DIVINE QUALITIES by Anna J. Clark surveys all current (as of 2007) literature and research on divine qualities to paint a distinct picture of how divine qualities functioned in everyday Roman lives. A vast majority of the book contrasts and compares various expert opinions in the field, making it a difficult read for readers who may not be familiar with last decade's who's-who of Ancient Roman historians. While DIVINE QUALITIES begins strong with an analysis of surviving Roman plays and literature, the book often jumps around from narrow focus to narrow focus, often with little to tie multiple topics together, due to the vast nature of the topic in question.

Despite the "Cult and Community" subtitle, most of the focus is on how great playwrights and political speakers might have expected the general populace to react to their works. Part of the problem is, naturally, a side effect of limited source material. The author seems afraid to speculate too much; the riskiest claims she makes for most of the book is whether she agrees with one historian over the other. Interesting ideas, such as the relationships between divine qualities usage between Emperors and their subjects, are left to the all too short conclusion. Had more time been spent with Clark's own ideas and contributions, perhaps the book would have been an easier read.
Profile Image for Mateusz.
Author 10 books54 followers
June 30, 2024
"Ubi libertas cecidit, audet libere nemo loqui (‘where libertas has fallen, no one dares to speak freely’)"

- Where foolishness arises, everyone speaks stupidity and calumny freely, leading to the death of liberties.

In my humble opinion, deified qualities as virtus or arete (although these concepts are similar, there should be discernment) are the creme de la creme of the society that wants to permeate its finest values and associate itself with them, especially people whose governing public relations and political marketing requires that.
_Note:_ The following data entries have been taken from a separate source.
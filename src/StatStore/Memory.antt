-- ===== src/StatStore/Memory.antt =====
-- statstore/memory.go. A method runs under the lock as one step. `drawn` is the identifier that
-- `rand.Read` gives, in hexadecimal, or its error.
pub mod Versions
pub mod Update
use dzzzr_cli.Base.{
  ℕ, ◌+◌, ◌≡◌, Bool, true, false, not, Option, none, some, inl, inr, ◌⊎◌, List, [], ◌∷◌, ltb, ◌==◌,
  if◌then◌else◌, length, Text, codes, text_eq,
}
use dzzzr_cli.StatStore.Logs.{StoredLog, Services, max_log_bytes}

-- Go's map of encoded logs: what is put last is found first.
abbrev pub Memory : Type 0
Memory = List (Text × Text)

unfoldable pub bytes_at : Memory → Text → Option Text
bytes_at [] id = none
bytes_at ((key, b) ∷ s) id = let rest = bytes_at s id in if text_eq key id then some b else rest

module _ {Config : Type 0} (v : Services Config) where
  open v use {build, encode, decode}

  -- A result, and the memory after it.
  abbrev pub Outcome : Type 0
  Outcome = (Text ⊎ StoredLog Config) × Memory

  -- A failing call gives its error only; in Go the log stands beside it.
  unfoldable pub save_bytes : StoredLog Config → Text ⊎ Text → Memory → Outcome
  save_bytes l (inl err) s = (inl err, s)
  save_bytes l (inr b) s = (inr l, (l.id, b) ∷ s)

  unfoldable pub save : StoredLog Config → Memory → Outcome
  unfolding save_bytes
  save l s = save_bytes l (encode l) s

  unfoldable pub create_drawn : Text → Text → Config → Text ⊎ Text → Memory → Outcome
  unfolding save
  create_drawn name content config (inl err) s = (inl err, s)
  create_drawn name content config (inr id) s =
      save (record { id = id; name = name; content = content; config = config; revision = 1 }) s

  unfoldable pub create_built : Text → Text → Text ⊎ Config → Text ⊎ Text → Memory → Outcome
  unfolding create_drawn
  create_built name content (inl err) drawn s = (inl err, s)
  create_built name content (inr config) drawn s = create_drawn name content config drawn s

  -- `Memory.Create`
  unfoldable pub create : Text → Text → Option Config → Text ⊎ Text → Memory → Outcome
  unfolding create_built
  create name content cfg drawn s =
      if ltb max_log_bytes (length content)
      then (inl (codes "журнал превышает 32 МБ"), s)
      else create_built name content (build name content cfg) drawn s

  unfoldable pub load_bytes : Option Text → Text ⊎ StoredLog Config
  load_bytes none = inl (codes "журнал не загружен")
  load_bytes (some b) = decode b

  -- `Memory.Load`
  unfoldable pub load : Text → Memory → Text ⊎ StoredLog Config
  unfolding load_bytes bytes_at
  load id s = load_bytes (bytes_at s id)

  unfoldable pub update_built : StoredLog Config → Text ⊎ Config → Memory → Outcome
  unfolding save
  update_built l (inl err) s = (inl err, s)
  update_built l (inr config) s = save (record l { config = config; revision = l.revision + 1 }) s

  unfoldable pub update_loaded : ℕ → Config → Text ⊎ StoredLog Config → Memory → Outcome
  unfolding update_built
  update_loaded revision cfg (inl err) s = (inl err, s)
  update_loaded revision cfg (inr l) s =
      if not (l.revision == revision)
      then (inl (codes "параметры изменились: перечитайте журнал"), s)
      else update_built l (build l.name l.content (some cfg)) s

  -- `Memory.Update`
  unfoldable pub update : Text → ℕ → Config → Memory → Outcome
  unfolding load update_loaded
  update id revision cfg s = update_loaded revision cfg (load id s) s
From a theological perpectives it was the hypostasis of these ideas that took on personified form as crystallized ontological small deities, alike to bionic statues and magical technologies, and later developed into medieval allegories in much more blunt fashion in order to evoke them in imagination, flattening them down to philosophical-symbolic purviews. A virtue that becomes empty, a surrogated lie - always becomes a vice. Every quality is thus eternal, for it shared in Divinities, but it undergoes a dance macabre on Earth, when it becomes an empty, reified concept."Ovid supports the thesis of Divinity of these qualities, as perhaps individuated forms of Virtus" (p.164). Among listed qualities (in this list both Greek and Roman) are: Homonoia; Concordia; Eleos; Aidos, Pheme; Horms; Charis; Peitho; Penia; Amechania; Mater Matuta; Fortuna Muliebris; Valetude; Mens; Febris, even Vltio (Vengeance) that did not have her shrine. Caecilius Metellus Numidicus argued, that immortal Gods should approve virtue, not bestow it. Therefore it is the mortal gigantomachy that decides to coin and forge a virtue, or abandon it, that gives more adeterministic sense to qualities developed and raised in oneself, in a heroic affirmation and gratitude to the Divine nevertheless. In Plutarch we find how such qualities are necessary, they are emerging from the perceived wrongs: " ‘a work of mad discord makes [made] a temple of concordia’, therefore a commemoration of the evils brought by discord, a society memorizes and celebrated peace and accord in order to preserve it. All in all a useful book for insightful historians, metaphysicians, theologians and theurgists.